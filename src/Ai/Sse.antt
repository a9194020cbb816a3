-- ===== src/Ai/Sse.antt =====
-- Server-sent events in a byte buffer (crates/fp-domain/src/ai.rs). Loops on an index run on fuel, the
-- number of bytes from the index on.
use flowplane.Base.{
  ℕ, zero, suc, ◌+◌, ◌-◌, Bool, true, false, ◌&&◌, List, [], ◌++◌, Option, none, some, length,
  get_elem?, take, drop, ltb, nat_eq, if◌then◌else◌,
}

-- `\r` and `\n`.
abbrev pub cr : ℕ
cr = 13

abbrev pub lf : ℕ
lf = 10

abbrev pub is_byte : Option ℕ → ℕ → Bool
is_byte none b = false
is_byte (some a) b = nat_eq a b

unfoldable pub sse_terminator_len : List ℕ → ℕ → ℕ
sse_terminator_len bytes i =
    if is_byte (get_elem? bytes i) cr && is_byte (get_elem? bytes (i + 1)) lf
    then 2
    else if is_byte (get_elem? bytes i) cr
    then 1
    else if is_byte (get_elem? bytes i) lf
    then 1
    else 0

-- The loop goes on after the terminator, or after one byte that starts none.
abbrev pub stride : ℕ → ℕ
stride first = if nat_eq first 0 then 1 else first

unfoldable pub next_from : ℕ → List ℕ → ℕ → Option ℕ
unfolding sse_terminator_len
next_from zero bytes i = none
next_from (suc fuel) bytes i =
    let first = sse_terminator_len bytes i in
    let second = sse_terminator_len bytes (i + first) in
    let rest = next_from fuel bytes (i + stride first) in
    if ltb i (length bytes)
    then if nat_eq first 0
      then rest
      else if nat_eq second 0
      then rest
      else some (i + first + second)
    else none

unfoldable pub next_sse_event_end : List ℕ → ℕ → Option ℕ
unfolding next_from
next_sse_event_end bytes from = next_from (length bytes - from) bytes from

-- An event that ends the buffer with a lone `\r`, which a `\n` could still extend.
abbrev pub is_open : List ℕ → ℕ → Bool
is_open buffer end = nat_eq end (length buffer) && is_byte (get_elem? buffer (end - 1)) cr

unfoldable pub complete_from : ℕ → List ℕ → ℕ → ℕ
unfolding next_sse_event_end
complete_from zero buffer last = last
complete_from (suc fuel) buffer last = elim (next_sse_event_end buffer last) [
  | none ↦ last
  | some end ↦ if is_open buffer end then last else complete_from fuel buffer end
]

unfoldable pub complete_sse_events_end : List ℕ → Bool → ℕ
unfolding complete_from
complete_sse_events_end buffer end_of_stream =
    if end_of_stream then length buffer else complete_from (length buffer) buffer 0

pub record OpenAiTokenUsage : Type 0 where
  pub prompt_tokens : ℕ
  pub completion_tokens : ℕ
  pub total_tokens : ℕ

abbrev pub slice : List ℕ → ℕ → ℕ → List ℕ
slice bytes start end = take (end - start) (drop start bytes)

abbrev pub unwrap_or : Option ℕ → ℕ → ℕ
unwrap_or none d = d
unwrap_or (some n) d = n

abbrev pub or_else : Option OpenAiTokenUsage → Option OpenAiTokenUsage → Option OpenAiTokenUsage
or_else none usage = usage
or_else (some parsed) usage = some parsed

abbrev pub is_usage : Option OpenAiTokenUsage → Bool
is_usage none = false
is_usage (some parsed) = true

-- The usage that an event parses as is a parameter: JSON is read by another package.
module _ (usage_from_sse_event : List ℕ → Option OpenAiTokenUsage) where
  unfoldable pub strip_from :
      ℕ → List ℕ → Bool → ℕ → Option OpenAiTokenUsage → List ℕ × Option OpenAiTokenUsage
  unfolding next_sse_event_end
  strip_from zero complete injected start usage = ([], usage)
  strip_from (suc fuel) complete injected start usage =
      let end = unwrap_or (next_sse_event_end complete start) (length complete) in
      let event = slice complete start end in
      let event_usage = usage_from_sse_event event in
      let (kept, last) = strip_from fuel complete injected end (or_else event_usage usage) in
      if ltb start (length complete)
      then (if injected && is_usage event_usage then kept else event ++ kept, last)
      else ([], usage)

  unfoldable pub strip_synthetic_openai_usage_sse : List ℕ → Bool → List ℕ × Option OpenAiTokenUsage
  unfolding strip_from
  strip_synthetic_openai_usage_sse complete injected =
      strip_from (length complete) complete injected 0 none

# # # # #

YOUR TASK
Using the entries above, give back exactly the line containing "-- Server-sent events", the line containing "complete_sse_events_end buffer end_of_stream", and every line between them, and nothing else.

YOUR RESPONSE
-- Server-sent events in a byte buffer (crates/fp-domain/src/ai.rs). Loops on an index run on fuel, the
-- number of bytes from the index on.
use flowplane.Base.{
  ℕ, zero, suc, ◌+◌, ◌-◌, Bool, true, false, ◌&&◌, List, [], ◌++◌, Option, none, some, length,
  get_elem?, take, drop, ltb, nat_eq, if◌then◌else◌,
}

-- `\r` and `\n`.
abbrev pub cr : ℕ
cr = 13

abbrev pub lf : ℕ
lf = 10

abbrev pub is_byte : Option ℕ → ℕ → Bool
is_byte none b = false
is_byte (some a) b = nat_eq a b

unfoldable pub sse_terminator_len : List ℕ → ℕ → ℕ
sse_terminator_len bytes i =
    if is_byte (get_elem? bytes i) cr && is_byte (get_elem? bytes (i + 1)) lf
    then 2
    else if is_byte (get_elem? bytes i) cr
    then 1
    else if is_byte (get_elem? bytes i) lf
    then 1
    else 0

-- The loop goes on after the terminator, or after one byte that starts none.
abbrev pub stride : ℕ → ℕ
stride first = if nat_eq first 0 then 1 else first

unfoldable pub next_from : ℕ → List ℕ → ℕ → Option ℕ
unfolding sse_terminator_len
next_from zero bytes i = none
next_from (suc fuel) bytes i =
    let first = sse_terminator_len bytes i in
    let second = sse_terminator_len bytes (i + first) in
    let rest = next_from fuel bytes (i + stride first) in
    if ltb i (length bytes)
    then if nat_eq first 0
      then rest
      else if nat_eq second 0
      then rest
      else some (i + first + second)
    else none

unfoldable pub next_sse_event_end : List ℕ → ℕ → Option ℕ
unfolding next_from
next_sse_event_end bytes from = next_from (length bytes - from) bytes from

-- An event that ends the buffer with a lone `\r`, which a `\n` could still extend.
abbrev pub is_open : List ℕ → ℕ → Bool
is_open buffer end = nat_eq end (length buffer) && is_byte (get_elem? buffer (end - 1)) cr

unfoldable pub complete_from : ℕ → List ℕ → ℕ → ℕ
unfolding next_sse_event_end
complete_from zero buffer last = last
complete_from (suc fuel) buffer last = elim (next_sse_event_end buffer last) [
  | none ↦ last
  | some end ↦ if is_open buffer end then last else complete_from fuel buffer end
]

unfoldable pub complete_sse_events_end : List ℕ → Bool → ℕ
unfolding complete_from
complete_sse_events_end buffer end_of_stream =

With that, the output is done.